Quite the opposite, 2nd iteration (inner for-loop) is not a good example for multi-threading, though the only writing is val. If val is implemented as a stack variable, then each thread only holds a part of the correct answer. If val is implemented as heap variables to be shared among threads, then val requires a lock for every writing to avoid race writing, which is obviously costly.
b. Design of Context
However, this implementation is problematic because each function call to mat_vec_mul or multi_head_attn will create n new threads. Unfortunately, to generate a sentence, GPTs will call mat_vec_mul or multi_head_attn thousands of times, so thousands of threads will be created and destroyed, which leads to significant overhead to the operation system.

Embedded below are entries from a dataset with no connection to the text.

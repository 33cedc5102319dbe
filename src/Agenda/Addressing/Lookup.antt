-- ===== src/Agenda/Addressing/Lookup.antt =====
-- src/pic_agentic/agenda/engine.py: `leaf_at` at the paths that `simulations` lists.
use pic_agentic.Common.{
  String, ◌≡◌, refl, ap, Option, none, some, List, [], ◌∷◌, map, arith, All, All-append, All-map,
  inl, inr, str_eq, eq_iff, eq_refl, Bool-cases,
}
use pic_agentic.Agenda.Model.{
  AgendaSim, GroupInfo, Entry, sim, group, Entries, no_entries, entry, AgendaGroup, Leaf, get_entry,
  simulations,
}
use pic_agentic.Agenda.Addressing.{leaf_of, group_of, find_leaf, leaf_at}
use pic_agentic.Agenda.Addressing.Names.{
  Named, below, named_entry, named_leaves, addressed, walk_named, IsTidyEntry, AreTidy, IsTidy,
  IsPlace, NotRoot, not_root, split-IsPlace, leaves-IsPlace, All-below,
}

abbrev Finds : Entries → Named → Type 0
Finds es nm = find_leaf nm.0 es ≡ some nm.1

get_skip :
    (k n : String) (e : Entry) (rest : Entries) {x : Entry}
    → get_entry k rest ≡ none
    → get_entry n rest ≡ some x
    → get_entry n (entry k e rest) ≡ get_entry n rest
unfolding get_entry
get_skip k n e rest fresh found = elim (Bool-cases (str_eq k n)) [
  | inl same ↦
      let same' : k ≡ n = (eq_iff k n).0 same in cc (fresh, found, ap (λ m. get_entry m rest) same')
  | inr other ↦ rw other
]

found_entry : (o : Option Entry) (s : AgendaSim) → leaf_of o ≡ some s → (x : Entry) × (o ≡ some x)
found_entry none s h = cc
found_entry (some x) s h = (x, refl)

find_nowhere : (names : List String) → find_leaf names no_entries ≡ none
unfolding find_leaf get_entry
find_nowhere [] = refl
find_nowhere (n ∷ []) = refl
find_nowhere (n ∷ m ∷ names) = find_nowhere (m ∷ names)

found_group :
    (o : Option Entry) (names : List String) (s : AgendaSim)
    → find_leaf names (group_of o) ≡ some s
    → (x : Entry) × (o ≡ some x)
found_group none names s h = absurd (ground (arith, find_nowhere names))
found_group (some x) names s h = (x, refl)

find_skip :
    (k : String) (e : Entry) (rest : Entries) (names : List String) (s : AgendaSim)
    → get_entry k rest ≡ none
    → find_leaf names rest ≡ some s
    → find_leaf names (entry k e rest) ≡ some s
unfolding find_leaf
find_skip k e rest [] s fresh h = cc
find_skip k e rest (n ∷ []) s fresh h =
    let (x, found) = found_entry (get_entry n rest) s h in rw (get_skip k n e rest fresh found) h
find_skip k e rest (n ∷ m ∷ names) s fresh h =
    let (x, found) = found_group (get_entry n rest) (m ∷ names) s h in
    rw (get_skip k n e rest fresh found) h

get_here : (k : String) (e : Entry) (rest : Entries) → get_entry k (entry k e rest) ≡ some e
unfolding get_entry
get_here k e rest = rw (eq_refl k)

find_in_group :
    (k : String) (info : GroupInfo) (es rest : Entries) (l : List Named)
    → All (Finds es) l
    → All NotRoot l
    → All (λ (nm : Named). find_leaf (k ∷ nm.0) (entry k (group info es) rest) ≡ some nm.1) l
unfolding find_leaf
find_in_group k info es rest [] a b = tt
find_in_group k info es rest ((names, s) ∷ l) (found, a) ((first, others, e), b) =
    (rw (e, get_here k (group info es) rest) (rw e at found), find_in_group k info es rest l a b)

mutual
  unfolding named_leaves find_leaf

  find_below :
      (k : String) (e : Entry) (rest : Entries)
      → IsTidyEntry e
      → All (λ (nm : Named). find_leaf (k ∷ nm.0) (entry k e rest) ≡ some nm.1) (named_entry e)
  find_below k (sim s) rest h = (rw (get_here k (sim s) rest) refl, tt)
  find_below k (group info es) rest h =
      find_in_group k info es rest (named_leaves es) (find_named es h) (not_root es)

  pub find_named : (es : Entries) → AreTidy es → All (Finds es) (named_leaves es)
  find_named no_entries h = tt
  find_named (entry k e rest) h =
      All-append (Finds (entry k e rest)) (map (below k) (named_entry e)) (named_leaves rest)
        (All-below (Finds (entry k e rest)) k (named_entry e) (find_below k e rest h.2))
        (All-map (λ nm found. find_skip k e rest nm.0 nm.1 h.1 found) (named_leaves rest)
          (find_named rest h.3))

at_path :
    (agenda : AgendaGroup) (l : List Named)
    → All (Finds agenda.entries) l
    → All (λ (nm : Named). IsPlace nm.0) l
    → All (λ (leaf : Leaf). leaf_at agenda leaf.0 ≡ some leaf.1) (map (addressed "") l)
unfolding leaf_at
at_path agenda [] a b = tt
at_path agenda ((names, s) ∷ l) (found, a) (place, b) =
    (rw (split-IsPlace names place) found, at_path agenda l a b)

-- In an agenda whose names are legal and distinct within each group, every leaf that `simulations`
-- lists is the leaf at its path.
pub leaf_at-simulations :
    (agenda : AgendaGroup)
    → IsTidy agenda
    → All (λ (leaf : Leaf). leaf_at agenda leaf.0 ≡ some leaf.1) (simulations agenda)
unfolding simulations
leaf_at-simulations agenda h = rw (walk_named "" agenda.entries) (
    at_path agenda (named_leaves agenda.entries) (find_named agenda.entries h)
      (leaves-IsPlace agenda.entries h))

Noted that all the calls to mat_vec_mul function or multi_head_attn are doing the same task, i.e., Matrix-Vector-Multiplication, and the only difference between each function call is the parameters. Thus, a straightforward optimization is to reuse the threads. In high-level, we can create N threads in advance, and when mat_vec_mul or multi_head_attn is called, we assign new parameters for thread functions and let threads work on new parameters.
Moreover, it’s worth noting that mat_vec_mul and multi_head_attn are only valid within the context, i.e., between init_thr_pool and close_thr_pool, or there are no threads other than the main (not yet created or has been destroyed). This kind of context provides efficient and robust control over local variables and has been integrated with high-level languages like Python.